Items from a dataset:
==================================================

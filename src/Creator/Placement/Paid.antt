-- ===== src/Creator/Placement/Paid.antt =====
-- The critical packets that each recovery packet owes in par2creator.cpp, and when they are placed.
use mathlib.Core.List.{append-nil}
use par2tbb.Base.{ℕ, zero, suc, ◌+◌, ◌-◌, ◌*◌, ◌^◌, ◌<◌, ◌≤◌, ◌≡◌, refl, ap, ◌∙◌, subst}
use par2tbb.Base.{arith, leb, leb→le, Bool-cases, inl, inr, List, [], ◌∷◌, ◌++◌, length}
use par2tbb.Creator.{u32, u64}
use par2tbb.Creator.Placement.{Content, Placing, place, next_critical, add_critical, add_recovery}
use par2tbb.Creator.Placement.Copies.{
  place-Extends, numbers, critical_in, picked, IsPlacing, next_critical-IsPlacing,
}

-- After the loop fewer than `count` are owed, and what was owed is placed.
pub record IsPaid (n from done count owed : ℕ) (s : Placing) : Type 0 where
  pub t : ℕ
  pub placing : IsPlacing n from done t s
  pub less : s.packetcount < count
  pub paid : t * count + s.packetcount ≡ owed

one_more : (t count p : ℕ) → count ≤ p → suc t * count + (p - count) ≡ t * count + p
one_more t count p h = grind arith

pub add_critical-IsPaid :
    (fuel : ℕ) (lengths : List ℕ) (count from done t : ℕ) (s : Placing)
    → 0 < length lengths
    → 0 < count
    → s.packetcount < fuel
    → IsPlacing (length lengths) from done t s
    → IsPaid
        (length lengths)
        from
        done
        count
        (t * count + s.packetcount)
        (add_critical fuel lengths count s)
unfolding add_critical
add_critical-IsPaid zero lengths count from done t s positive some_blocks enough v =
    absurd (omega arith)
add_critical-IsPaid (suc fuel) lengths count from done t s positive some_blocks enough v =
    elim (Bool-cases (leb count s.packetcount)) [
      | inl more ↦
          let next = next_critical lengths count s in
          let left : next.packetcount ≡ s.packetcount - count = unfold next_critical in refl in
          let h = leb→le count s.packetcount more in
          let rest =
            add_critical-IsPaid fuel lengths count from done (suc t) next positive some_blocks
              (omega (arith, left, h))
              (next_critical-IsPlacing lengths count from done t s positive v) in
          rw more (record {
            t = rest.t;
            placing = rest.placing;
            less = rest.less;
            paid = rest.paid ∙ ap (λ x. suc t * count + x) left ∙ one_more t count s.packetcount h;
          })
      | inr last ↦ rw last (record { t = t; placing = v; less = ground (arith, last); paid = refl })
    ]

more_owed : (owed left each : ℕ) → owed + each + left * each ≡ owed + suc left * each
more_owed owed left each = grind arith

-- A recovery packet owes `each` more.
recovery-IsPlacing :
    (n from done t size : ℕ) (s : Placing) (packetcount : ℕ)
    → IsPlacing n from done t s
    → IsPlacing n from
        (suc done)
        t
        (record (place size (Content.recovery (from + done)) s) { packetcount = packetcount })
unfolding numbers place
recovery-IsPlacing n from done t size s packetcount v =
    let e = place-Extends size (Content.recovery (from + done)) s v.tiled in
    record {
      tiled = e.tiled;
      turn = v.turn;
      criticals = e.criticals ∙ append-nil (picked critical_in s.placed) ∙ v.criticals;
      exponents = e.exponents ∙ ap (λ x. x ++ ((from + done) ∷ [])) v.exponents;
    }

pub same-IsPaid :
    (n from count : ℕ) {d e o p : ℕ} {s r : Placing}
    → d ≡ e
    → o ≡ p
    → s ≡ r
    → IsPaid n from d count o s
    → IsPaid n from e count p r
same-IsPaid n from count a b c v =
    subst (λ (x : ℕ × ℕ × Placing). IsPaid n from x.0 count x.1 x.2) (λ i. (a i, b i, c i)) v

pub add_recovery-IsPaid :
    (left : ℕ) (lengths : List ℕ) (blocksize count copies from done owed : ℕ) (s : Placing)
    → 0 < length lengths
    → 0 < count
    → copies * length lengths + count < 2 ^ 32
    → IsPaid (length lengths) from done count owed s
    → IsPaid
        (length lengths)
        from
        (done + left)
        count
        (owed + left * (copies * length lengths))
        (add_recovery left lengths blocksize count copies (from + done) s)
unfolding add_recovery
add_recovery-IsPaid zero lengths blocksize count copies from done owed s positive some_blocks small
      v =
    same-IsPaid (length lengths) from count (omega arith) (omega arith) refl v
add_recovery-IsPaid (suc left) lengths blocksize count copies from done owed s positive some_blocks
      small v =
    let each = copies * length lengths in
    let t = place (u64 (68 + blocksize)) (Content.recovery (from + done)) s in
    let u : Placing = record t { packetcount = u32 (s.packetcount + each) } in
    let next =
      add_critical-IsPaid (suc u.packetcount) lengths count from (suc done) v.t u positive
        some_blocks (omega arith)
        (recovery-IsPlacing (length lengths) from done v.t (u64 (68 + blocksize)) s
          (u32 (s.packetcount + each)) v.placing) in
    let after = add_critical (suc u.packetcount) lengths count u in
    let owes : v.t * count + u.packetcount ≡ owed + each = omega (arith, v.paid, v.less) in
    let rest =
      add_recovery-IsPaid left lengths blocksize count copies from (suc done) (owed + each) after
        positive some_blocks small (same-IsPaid (length lengths) from count refl owes refl next) in
    same-IsPaid (length lengths) from count (omega arith) (more_owed owed left each)
      (ap (λ e. add_recovery left lengths blocksize count copies e after) {x = from + suc done}
        (omega arith))
      rest
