-- ===== src/Creator/Placement/Sizes.antt =====
-- The sizes of the packets in a recovery file of par2creator.cpp.
use mathlib.Core.List.{append-nil}
use par2tbb.Base.{ℕ, zero, suc, ◌+◌, ◌-◌, ◌*◌, ◌<◌, ◌≡◌, refl, sym, ap, ap₂, ◌∙◌}
use par2tbb.Base.{
  arith, leb, ◌==◌, if◌then◌else◌, Bool-cases, inl, inr, List, [], ◌∷◌, ◌++◌, length,
}
use par2tbb.Creator.{u32, u64}
use par2tbb.Creator.Allocation.{FileAllocation, halvings}
use par2tbb.Creator.Placement.{
  Content, Placed, Placing, length_at, place, next_critical, add_critical, add_recovery, add_all,
  place_packets,
}
use par2tbb.Creator.Placement.Copies.{
  criticals, exponents, total_size, critical_in, exponent_in, picked-append,
}

-- The lengths of some critical packets, one behind the other, by their numbers.
abbrev pub critical_size : List ℕ → List ℕ → ℕ
critical_size lengths [] = 0
critical_size lengths (i ∷ is) = length_at lengths i + critical_size lengths is

module _ (lengths : List ℕ) (creator_length blocksize : ℕ) where
  -- The length of a packet: a recovery packet has 68 bytes in front of its block.
  abbrev pub size_of : Content → ℕ
  size_of (Content.critical i) = length_at lengths i
  size_of (Content.recovery e) = u64 (68 + blocksize)
  size_of Content.creator = creator_length

  abbrev pub AreSized : List Placed → Type 0
  AreSized [] = 0 < 1
  AreSized (p ∷ ps) = (p.size ≡ size_of p.content) × AreSized ps

  AreSized-append :
      (ps : List Placed) (p : Placed)
      → AreSized ps
      → p.size ≡ size_of p.content
      → AreSized (ps ++ (p ∷ []))
  AreSized-append [] p sized one = (one, omega arith)
  AreSized-append (q ∷ ps) p (here, sized) one = (here, AreSized-append ps p sized one)

  place-AreSized :
      (size : ℕ) (content : Content) (s : Placing)
      → AreSized s.placed
      → size ≡ size_of content
      → AreSized (place size content s).placed
  unfolding place
  place-AreSized size content s sized one = AreSized-append s.placed _ sized one

  next_critical-AreSized :
      (count : ℕ) (s : Placing)
      → AreSized s.placed
      → AreSized (next_critical lengths count s).placed
  unfolding next_critical
  next_critical-AreSized count s sized = place-AreSized _ (Content.critical _) s sized refl

  add_critical-AreSized :
      (fuel count : ℕ) (s : Placing)
      → AreSized s.placed
      → AreSized (add_critical fuel lengths count s).placed
  unfolding add_critical
  add_critical-AreSized zero count s sized = sized
  add_critical-AreSized (suc fuel) count s sized = elim (Bool-cases (leb count s.packetcount)) [
    | inl more ↦
        let next = next_critical lengths count s in
        rw more (add_critical-AreSized fuel count next (next_critical-AreSized count s sized))
    | inr last ↦ rw last sized
  ]

  add_recovery-AreSized :
      (left count copies exponent : ℕ) (s : Placing)
      → AreSized s.placed
      → AreSized (add_recovery left lengths blocksize count copies exponent s).placed
  unfolding add_recovery
  add_recovery-AreSized zero count copies exponent s sized = sized
  add_recovery-AreSized (suc left) count copies exponent s sized =
      let t = place (u64 (68 + blocksize)) (Content.recovery exponent) s in
      let owed = u32 (s.packetcount + copies * length lengths) in
      let u : Placing = record t { packetcount = owed } in
      add_recovery-AreSized left count copies (exponent + 1)
        (add_critical (suc owed) lengths count u)
        (add_critical-AreSized (suc owed) count u
          (place-AreSized (u64 (68 + blocksize)) (Content.recovery exponent) s sized refl))

  add_all-AreSized :
      (at : ℕ) (xs : List ℕ) (s : Placing)
      → ((i : ℕ) → length_at lengths (at + i) ≡ length_at xs i)
      → AreSized s.placed
      → AreSized (add_all at xs s).placed
  unfolding add_all
  add_all-AreSized at [] s same sized = sized
  add_all-AreSized at (x ∷ xs) s same sized =
      add_all-AreSized (at + 1) xs (place x (Content.critical at) s)
        (λ i. ap (length_at lengths) {x = at + 1 + i} {y = at + suc i} (omega arith) ∙ same (suc i))
        (place-AreSized x (Content.critical at) s sized
          (sym (ap (length_at lengths) {x = at} {y = at + 0} (omega arith) ∙ same 0)))

  one_size :
      (c : Content) (is es : List ℕ)
      → creator_length ≡ 0
      → size_of c + (critical_size lengths is + length es * u64 (68 + blocksize))
        ≡ critical_size lengths (critical_in c ++ is)
          + length (exponent_in c ++ es) * u64 (68 + blocksize)
  one_size (Content.critical i) is es none = omega arith
  one_size (Content.recovery e) is es none = grind arith
  one_size Content.creator is es none = omega arith

  -- The packets, but for the creator packet, take the bytes of the critical and recovery packets.
  sized-total_size :
      (ps : List Placed)
      → AreSized ps
      → creator_length ≡ 0
      → total_size ps
        ≡ critical_size lengths (criticals ps) + length (exponents ps) * u64 (68 + blocksize)
  sized-total_size [] sized none = omega arith
  sized-total_size (p ∷ ps) (here, sized) none =
      ap₂ (λ x y. x + y) here (sized-total_size ps sized none)
      ∙ one_size p.content (criticals ps) (exponents ps) none

-- The packets of a file in front of the creator packet.
abbrev body : List ℕ → ℕ → FileAllocation → Placing
body lengths blocksize file =
    let s : Placing = record { offset = 0; packetcount = 0; next = length lengths; placed = [] } in
    let copies = halvings file.count 0 file.count in
    let limit = u32 (file.exponent + file.count) in
    if file.count == 0
    then add_all 0 lengths s
    else add_recovery (limit - file.exponent) lengths blocksize file.count copies file.exponent s

body-AreSized :
    (lengths : List ℕ) (creator_length blocksize : ℕ) (file : FileAllocation)
    → AreSized lengths creator_length blocksize (body lengths blocksize file).placed
body-AreSized lengths creator_length blocksize file =
    let s : Placing = record { offset = 0; packetcount = 0; next = length lengths; placed = [] } in
    elim (Bool-cases (file.count == 0)) [
      | inl none ↦ rw none (
          add_all-AreSized lengths creator_length blocksize 0 lengths s
            (λ i. ap (length_at lengths) {x = 0 + i} {y = i} (omega arith)) (omega arith))
      | inr blocks ↦ rw blocks (
          add_recovery-AreSized lengths creator_length blocksize _ file.count _ file.exponent s
            (omega arith))
    ]

-- Each packet of a file has its own length.
pub place_packets-AreSized :
    (lengths : List ℕ) (creator_length blocksize : ℕ) (file : FileAllocation)
    → AreSized lengths creator_length blocksize
        (place_packets lengths creator_length blocksize file).placed
unfolding place_packets
place_packets-AreSized lengths creator_length blocksize file =
    place-AreSized lengths creator_length blocksize creator_length Content.creator
      (body lengths blocksize file) (body-AreSized lengths creator_length blocksize file) refl

total_size-append :
    (ps : List Placed) (p : Placed) → total_size (ps ++ (p ∷ [])) ≡ total_size ps + p.size
total_size-append [] p = omega arith
total_size-append (q ∷ ps) p = omega (arith, total_size-append ps p)

-- A whole file takes the bytes of its critical packets, its recovery packets and the creator packet.
pub total_size-place_packets :
    (lengths : List ℕ) (creator_length blocksize : ℕ) (file : FileAllocation)
    → let ps = (place_packets lengths creator_length blocksize file).placed in
      total_size ps
      ≡ critical_size lengths (criticals ps)
        + length (exponents ps) * u64 (68 + blocksize)
        + creator_length
unfolding place_packets place
total_size-place_packets lengths creator_length blocksize file =
    let ps = (body lengths blocksize file).placed in
    let last : Placed = record {
      offset = (body lengths blocksize file).offset;
      size = creator_length;
      content = Content.creator;
    } in
    total_size-append ps last
    ∙ ap (λ n. n + creator_length)
        (sized-total_size lengths 0 blocksize ps (body-AreSized lengths 0 blocksize file) refl
          ∙ ap₂ (λ is es. critical_size lengths is + length es * u64 (68 + blocksize))
              (sym (picked-append critical_in ps (last ∷ []) ∙ append-nil (criticals ps)))
              (sym (picked-append exponent_in ps (last ∷ []) ∙ append-nil (exponents ps))))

==================================================

Only the lines that hold the word "owes" are wanted; each should be pulled from the records.

## Answer to this exercise:
-- The critical packets that each recovery packet owes in par2creator.cpp, and when they are placed.
-- A recovery packet owes `each` more.
    let owes : v.t * count + u.packetcount ≡ owed + each = omega (arith, v.paid, v.less) in
        positive some_blocks small (same-IsPaid (length lengths) from count refl owes refl next) in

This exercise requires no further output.